Assignment: Write out each line of the entries below that holds the word "Framing".

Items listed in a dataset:
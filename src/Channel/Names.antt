-- ===== src/Channel/Names.antt =====
-- src/channel.c: the names of channels, both ways, and the PTT channels.
use mhuxd.Base.{
  ℕ, ◌<◌, ◌≡◌, refl, Bool, true, false, Option, none, some, List, arith, ltb, each_below,
  each_below_lem, ◌==◌, ◌⊎◌, if◌then◌else◌, ◌&&◌, not, ◌≢◌,
}
use mhuxd.Channel.{ptt_channel, is_ptt_channel, channel2str, channel2str_new, str2channel}

-- The channels that have a name in the map: those up to `CH_ROTATOR` but PS2 and the unused 8.
abbrev pub is_named : ℕ → Bool
is_named c = ltb c 14 && not (c == 3) && not (c == 8)

abbrev leads_back : ℕ → Option ℕ → Bool
leads_back c none = false
leads_back c (some d) = d == c

leads_back_sound : (c : ℕ) (o : Option ℕ) → leads_back c o ≡ true → o ≡ some c
leads_back_sound c none h = cc
leads_back_sound c (some d) h = ground arith

module _ (name_of : ℕ → List ℕ) where
  abbrev round_trips : ℕ → Bool
  round_trips c = if is_named c then leads_back c (str2channel (name_of c)) else true

  round_trips_sound :
      each_below round_trips 14 ≡ true
      → (c : ℕ) → is_named c ≡ true
      → str2channel (name_of c) ≡ some c
  round_trips_sound table c h =
      leads_back_sound c (str2channel (name_of c))
        (ground (arith, each_below_lem round_trips 14 c (in_table c h) table))
    where
      in_table : (k : ℕ) → is_named k ≡ true → k < 14
      in_table k e = ground arith

-- The name of a channel, by either function and with either kind of keyer, leads back to that
-- channel, also where R2 and AUX share one.
pub str2channel-channel2str :
    (c : ℕ) (has_r2 : Bool)
    → is_named c ≡ true
    → (str2channel (channel2str c) ≡ some c) × (str2channel (channel2str_new c has_r2) ≡ some c)
unfolding each_below str2channel channel2str channel2str_new
str2channel-channel2str c true h = (
  round_trips_sound channel2str refl c h,
  round_trips_sound (λ k. channel2str_new k true) refl c h,
)
str2channel-channel2str c false h = (
  round_trips_sound channel2str refl c h,
  round_trips_sound (λ k. channel2str_new k false) refl c h,
)

-- What `ch_ptt_channel` answers for channel `c`.
abbrev pub IsPttAnswer : ℕ → Option ℕ → Type 0
IsPttAnswer c none = ((c < 4) × (c ≢ 2)) ⊎ ((7 < c) × (c ≢ 9) × (c ≢ 10))
IsPttAnswer c (some d) =
    (is_ptt_channel d ≡ true) × (ptt_channel d ≡ (if d == 11 then none else some d))

-- `ch_ptt_channel` answers every radio, FSK and Winkey channel and PTT1 and PTT2 with a PTT channel,
-- which it maps to itself unless it is the focus channel; the other channels have no answer.
pub ptt_channel-IsPttAnswer : (c : ℕ) → IsPttAnswer c (ptt_channel c)
unfolding ptt_channel is_ptt_channel
ptt_channel-IsPttAnswer c = ground arith
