-- ===== src/Civ.antt =====
-- src/cat_civ.c, src/cat_civ.h: the Icom CI-V decoder. State holds the decoder's state and its frame
-- callback, Decode the meaning of frames, Pending the commands that wait for their answer, Classify
-- what becomes of a complete frame, Framer the byte level and the decoder's interface. The others hold
-- theorems: Bounds the invariant, Framing, Query and Sets whole frames, Quiet and Unasked what leaves the
-- state alone, Discard and Resends the pending commands, Bcd frequencies.
pub mod State
pub mod Decode
pub mod Pending
pub mod Classify
pub mod Framer
pub mod Quiet
pub mod Bounds
pub mod Discard
pub mod Resends
pub mod Bcd
pub mod Framing
pub mod Unasked
pub mod Query
pub mod Sets
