-- ===== src/Civ/State.antt =====
-- src/cat_civ.c: `struct cat_civ`, its parts, and `emit`.
use mhuxd.Base.{
  ℕ, ◌+◌, ◌-◌, Bool, false, List, [], ◌∷◌, ◌++◌, if◌then◌else◌, u32, get_or, take, drop, length,
  ◌==◌,
}
use mhuxd.Cat.{
  Dir, host, Frame, FrameKind, reply, unmatched, bad, jam, dropped, foreign, Stats, zero_stats,
  count_frame,
}
use mhuxd.CatState.{CatState}

abbrev pub civ_pre : ℕ
civ_pre = 0xfe

abbrev pub civ_eom : ℕ
civ_eom = 0xfd

abbrev pub civ_col : ℕ
civ_col = 0xfc

abbrev pub civ_ok : ℕ
civ_ok = 0xfb

abbrev pub civ_ng : ℕ
civ_ng = 0xfa

abbrev pub civ_bcast : ℕ
civ_bcast = 0

abbrev pub civ_min_len : ℕ
civ_min_len = 6

abbrev pub civ_max_frame : ℕ
civ_max_frame = 64

abbrev pub pend_max : ℕ
pend_max = 8

abbrev pub pend_timeout_ms : ℕ
pend_timeout_ms = 2000

abbrev pub civ_collision_ms : ℕ
civ_collision_ms = 150

-- A frame: FE FE to from cmd data… FD.
abbrev pub f_to : List ℕ → ℕ
f_to f = get_or f 2 0

abbrev pub f_from : List ℕ → ℕ
f_from f = get_or f 3 0

abbrev pub f_cmd : List ℕ → ℕ
f_cmd f = get_or f 4 0

-- `F_DATA` with `F_DLEN` bytes
abbrev pub f_data : List ℕ → List ℕ
f_data f = take (length f - 6) (drop 5 f)

pub data RxState : Type 0 where
  idle pre inside skip : RxState

-- `struct civ_rx`; `buf` holds its first `len` bytes.
pub record Rx : Type 0 where
  pub buf : List ℕ
  pub state : RxState
  pub t_ms : ℕ

-- `struct civ_pending`
pub record Pending : Type 0 where
  pub buf : List ℕ
  pub t_ms : ℕ
  pub from_host : Bool
  pub echoed : Bool
  pub own : Bool
  pub client : ℕ
  pub lost : Bool
  pub resends : ℕ

-- `struct cat_civ`. `pend` holds its first `npend` entries and `last` its first `last_len` bytes;
-- `listening` tells whether a callback is set, and `log` holds its calls, oldest first.
pub record Civ : Type 0 where
  pub radio_addr : ℕ
  pub freq_len : ℕ
  pub st : CatState
  pub listening : Bool
  pub log : List Frame
  pub rx : ℕ → Rx
  pub pend : List Pending
  pub last : List ℕ
  pub last_dir : Dir
  pub last_client : ℕ
  pub stats : Stats

-- `RX_OWN`, `RX_RADIO`: the framers behind those of the clients
abbrev pub rx_own : ℕ
rx_own = 9

abbrev pub rx_radio : ℕ
rx_radio = 10

-- `cat_civ_create`, with the address and the frequency length of the configuration
unfoldable pub create : ℕ → ℕ → CatState → Civ
create addr freq_len st = record {
  radio_addr = addr;
  freq_len = if freq_len == 0 then 5 else freq_len;
  st = st;
  listening = false;
  log = [];
  rx = λ i. record { buf = []; state = idle; t_ms = 0 };
  pend = [];
  last = [];
  last_dir = host;
  last_client = 0;
  stats = zero_stats;
}

-- `cat_civ_set_frame_cb`
unfoldable pub set_frame_cb : Civ → Bool → Civ
set_frame_cb c on = record c { listening = on }

-- the `switch` of `emit`
unfoldable pub count_kind : FrameKind → Stats → Stats
count_kind reply s = record s { replies = u32 (s.replies + 1) }
count_kind unmatched s = record s { unmatched = u32 (s.unmatched + 1) }
count_kind bad s = record s { bad = u32 (s.bad + 1) }
count_kind jam s = record s { jams = u32 (s.jams + 1) }
count_kind dropped s = record s { dropped = u32 (s.dropped + 1) }
count_kind foreign s = record s { foreign = u32 (s.foreign + 1) }
count_kind _ s = s

-- `emit`
unfoldable pub emit : Civ → Frame → Civ
emit c f = record c {
  stats = count_frame f (count_kind f.kind c.stats);
  log = if c.listening then c.log ++ f ∷ [] else c.log;
}

-- a CI-V frame as `emit` is given it
abbrev pub civ_frame : FrameKind → Dir → List ℕ → Bool → Bool → ℕ → ℕ → Frame
civ_frame kind dir buf applied own client t = record {
  kind = kind;
  dir = dir;
  t_ms = t;
  buf = buf;
  applied = applied;
  text = false;
  own = own;
  client = client;
}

Solution for this problem:
-- theorems: Bounds the invariant, Framing, Query and Sets whole frames, Quiet and Unasked what leaves the
pub mod Framing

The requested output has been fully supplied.